Exercise prompt: Tally the lines below that contain the word "they", then give the tally and nothing more.
─── Data provided ───
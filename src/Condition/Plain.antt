-- ===== src/Condition/Plain.antt =====
-- impl/lnpl/condition.py: the words inside a printed value are no words of the grammar.
use linkly.Base.{
  ℕ, ◌≡◌, refl, true, false, not, [], ◌∷◌, ◌++◌, none, all, &&_left, arith, append-nil,
}
use linkly.Base.Text.{Text, codes, same_text, is_digit, is_lower, is_in, is_space, all_digits}
use linkly.Base.Decimal.{decimal, all_digits-decimal}
use linkly.Base.Words.{is_word}
use linkly.Lexer.Words.{ArithOp, arith_text, comparator?}
use linkly.Lexer.Duration.{DurationUnit, millis, secs, mins, hours, days, unit_text}
use linkly.Condition.Names.{is_reference_name}
use linkly.Condition.Names.Shape.{
  not_empty_reference, not_in_no_references, reference_starts, reference-is_word,
}
use linkly.Condition.Syntax.{Operand, ref, lit}
use linkly.Condition.Tokens.{FitsOperand}
use linkly.Condition.Print.{duration_render, render_unit, duration_text, operand_text}

-- What the parser needs to know of a word that stands inside a value.
pub record IsPlain (t : Text) : Type 0 where
  pub word : is_word t ≡ true
  pub no_comparator : comparator? t ≡ none
  pub no_and : same_text t (codes "and") ≡ false

-- A word that begins with a digit.
digits-IsPlain : (c : ℕ) (s : Text) → is_digit c ≡ true → is_word (c ∷ s) ≡ true → IsPlain (c ∷ s)
unfolding is_digit comparator? same_text
digits-IsPlain c s h w = record { word = w; no_comparator = ground arith; no_and = ground arith }

digits_word :
    (head t : Text)
    → all is_digit head ≡ true
    → all (λ (d : ℕ). not (is_space d)) t ≡ true
    → all (λ (d : ℕ). not (is_space d)) (head ++ t) ≡ true
unfolding is_digit is_space
digits_word [] t h k = k
digits_word (c ∷ head) t h k = ground (arith, digits_word head t)

number-IsPlain :
    (head t : Text)
    → all_digits head ≡ true
    → all (λ (d : ℕ). not (is_space d)) t ≡ true
    → IsPlain (head ++ t)
unfolding all_digits
number-IsPlain [] t h k = cc
number-IsPlain (c ∷ head) t h k =
    digits-IsPlain c (head ++ t) (&&_left (is_digit c) _ h) (digits_word (c ∷ head) t h k)

unit_no_space : (u : DurationUnit) → all (λ (d : ℕ). not (is_space d)) (unit_text u) ≡ true
unfolding is_space
unit_no_space millis = refl
unit_no_space secs = refl
unit_no_space mins = refl
unit_no_space hours = refl
unit_no_space days = refl

lower_no_comparator : (c : ℕ) (s : Text) → is_lower c ≡ true → comparator? (c ∷ s) ≡ none
unfolding is_lower comparator? same_text
lower_no_comparator c s h = ground arith

pub reference-IsPlain : (name : Text) → is_reference_name name ≡ true → IsPlain name
unfolding is_in
reference-IsPlain [] h = cc not_empty_reference
reference-IsPlain (c ∷ s) h = record {
  word = reference-is_word (c ∷ s) h;
  no_comparator = lower_no_comparator c s (reference_starts c s h);
  no_and = ground (arith, not_in_no_references (c ∷ s) h);
}

pub operand_text-IsPlain : (o : Operand) → FitsOperand o → IsPlain (operand_text o)
unfolding operand_text duration_text
operand_text-IsPlain (ref name) h = reference-IsPlain name h
operand_text-IsPlain (lit n false) h =
    rw append-nil at (number-IsPlain (decimal n) [] (all_digits-decimal n) refl)
operand_text-IsPlain (lit n true) h =
    number-IsPlain (decimal _) (unit_text _) (all_digits-decimal _)
      (unit_no_space (render_unit duration_render n))

pub arith_text-IsPlain : (op : ArithOp) → IsPlain (arith_text op)
unfolding is_space comparator? same_text
arith_text-IsPlain ArithOp.add = record { word = refl; no_comparator = refl; no_and = refl }
arith_text-IsPlain ArithOp.sub = record { word = refl; no_comparator = refl; no_and = refl }
arith_text-IsPlain ArithOp.mul = record { word = refl; no_comparator = refl; no_and = refl }
arith_text-IsPlain ArithOp.div = record { word = refl; no_comparator = refl; no_and = refl }
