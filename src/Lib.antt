-- ===== src/Lib.antt =====
-- Go tools of the repository: the Google Drive snapshotter gdsnap, the todo list todotool, the
-- editor of encrypted files pedit, the light switches lll and huepush, the setup of a machine makecfg,
-- and the tools under utils. Each is a program of its own; they share no code but the packages of
-- Go.
--
-- gdsnap (gdsnap/gdsnap.go) keeps a map from paths to the metadata that the drive lists (the
-- struct gdsnap). `save` and `watch` compare it with the disk and upload what changed, compressed
-- and encrypted; `cat`, `diff` and `restore` fetch a revision and decrypt it.
--   Gdsnap/Glob       matchglob, which the ignore lists and the arguments go through
--   Gdsnap/Filter     fullglobs and filterfiles
--   Gdsnap/State      the structs fileinfo and gdsnap, namePart and shasumPart
--   Gdsnap/Listing    listfiles over the pages of the drive's answer
--   Gdsnap/Token      gettoken
--   Gdsnap/Crypt      the encryption in savepath, and decrypt
--   Gdsnap/Save       savepath: Plan has all that comes before gettoken, Send the requests and the
--                     recursion into directories, Command subcommandSave
--   Gdsnap/Revision   revfetch
--   Gdsnap/Restore    subcommandRestore and subcommandCat
--   Gdsnap/Diff       subcommandDiff
--   Gdsnap/Quota      getquota and checkQuota
--   Gdsnap/Config     readconfig, and the completion of -t in Run
--   Gdsnap/Watch      subcommandWatch: the initial scan and the main loop
--   Gdsnap/Inotify    watchdir: the watches, and the events in the bytes that are read
--   Gdsnap/Main       Run, and the subcommands that ask and print: cat, diff, list, quota, auth
-- todotool (todotool/todo.go, Run) reads reminders and task files, decides which tasks are ready,
-- and lists the unread mail.
--   Todo/Date         normalizedate and the .rems file
--   Todo/Parse        the task files
--   Todo/Resolve      the loop that finds the ready tasks
--   Todo/Mail         the reply of the IMAP server
--   Todo/Subject      splitSubject and decodeRFC2047
--   Todo/Checks       the answers of the blog and of the router, and the list of the inboxes
--   Todo/Network      the goroutines that ask the blog and the inboxes
--   Todo/Run          the files as they are written back, and what is found in them
-- pedit (pedit/pedit.go) decrypts a file, has it edited and writes it back. Pedit has the sections
-- of its workflow, Pedit/Reopen what they leave in the file.
-- lll (lll/lll.go) sets lamps and the display to levels that its arguments name, or prints their
-- levels. Lll has setBrightness and the loop of Run, Lll/Print printBrightness and what it calls.
-- huepush (huepush/huepush.go) sets the buttons of Hue switches to the intent in a file.
--   Huepush/Json      jget on JSON values, with the assertions that panic
--   Huepush/State     the maps of Run, buttondesc and switchdesc
--   Huepush/Extract   the rooms, switches, scenes and mappings that the bridge has
--   Huepush/Intent    the loop over the lines of the intent
--   Huepush/Push      the requests of the update, and Run
--   Huepush/Template  the body of an update
--   Huepush/Dump      the flag -dump
-- makecfg (makecfg/makecfg.go) links dotfiles and tools into a home directory.
--   Makecfg/Files     the file system and the calls of package os
--   Makecfg/Link      the step that puts a link in place
--   Makecfg/Workflow  the state of the workflow, and the sections up to LinkDotfiles
--   Makecfg/Clean     RegenDotfiles, ClearUtils and ClearTrash
--   Makecfg/Build     BuildUtils, and Run
-- bm (utils/bm.go) converts markdown to HTML and back, and serves a file that it watches.
--   Bm/Html           toHTML, with Bm/Replace for the replacers of package strings
--   Bm/Markdown       toMarkdown
--   Bm/Item           readContent
--   Bm/Command        the flags and the conversion in main
--   Bm/Server         the loop of main that polls the file and answers requests
-- Otp (utils/otp.go) computes one-time passwords.
-- Tools/Ybb (ybb/ybb.go) chooses the tool to run, Tools/Muttcfg (utils/muttcfg.go) prints the
-- commands of a mail account, Tools/Tlog (utils/tlog.go) appends notes to a log, and Tools/Firefox
-- (utils/firefox.go) copies a browser's profile between memory and disk. Tools/Cal (utils/cal.go)
-- prints a calendar, and Tools/Httpd (utils/httpd.go) has the handler of a file server.
-- Desktop/Disw (utils/disw.go, next) chooses the displays to switch on, Desktop/I3next
-- (utils/i3next.go) the next window of a workspace.
-- Base, Text, Dict and Paths hold what these share: Boolean tests, integers, texts as lists of bytes,
-- maps as association lists, and the functions of the packages strings, sort and path that are called.
--
-- A text is a list of bytes, and white space and the arguments of lll are those of ASCII. A map is
-- ranged over in the order of its list, which stands for any order that the Go runtime may choose.
--
-- Fuel: the loop of matchglob takes two rounds for each byte of the name and two more, the listing
-- a round for each page, savepath one for each byte of the longest path and two more, watchpath one
-- for each level of the tree, and the subject and the events of a read a round for each byte. A
-- model that runs out of fuel answers with a value of its own, never with a result.
--
-- Not modelled: HTTP, JSON and the inotify system calls, whose answers are arguments; the cipher,
-- the compressor and the hash, which are a record with the laws that reading back needs; log lines;
-- the calendar of package time; the terminal, vim, scp, git and the compilers; the regular
-- expression that finds links, base32 and HMAC. The C tools and the scripts are left
-- out.
pub mod Base
pub mod Text
pub mod Dict
pub mod Otp
pub mod Paths
pub mod Gdsnap
pub mod Todo
pub mod Tools
pub mod Desktop
pub mod Pedit
pub mod Huepush
pub mod Lll
pub mod Bm
pub mod Makecfg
───
Written solution: 3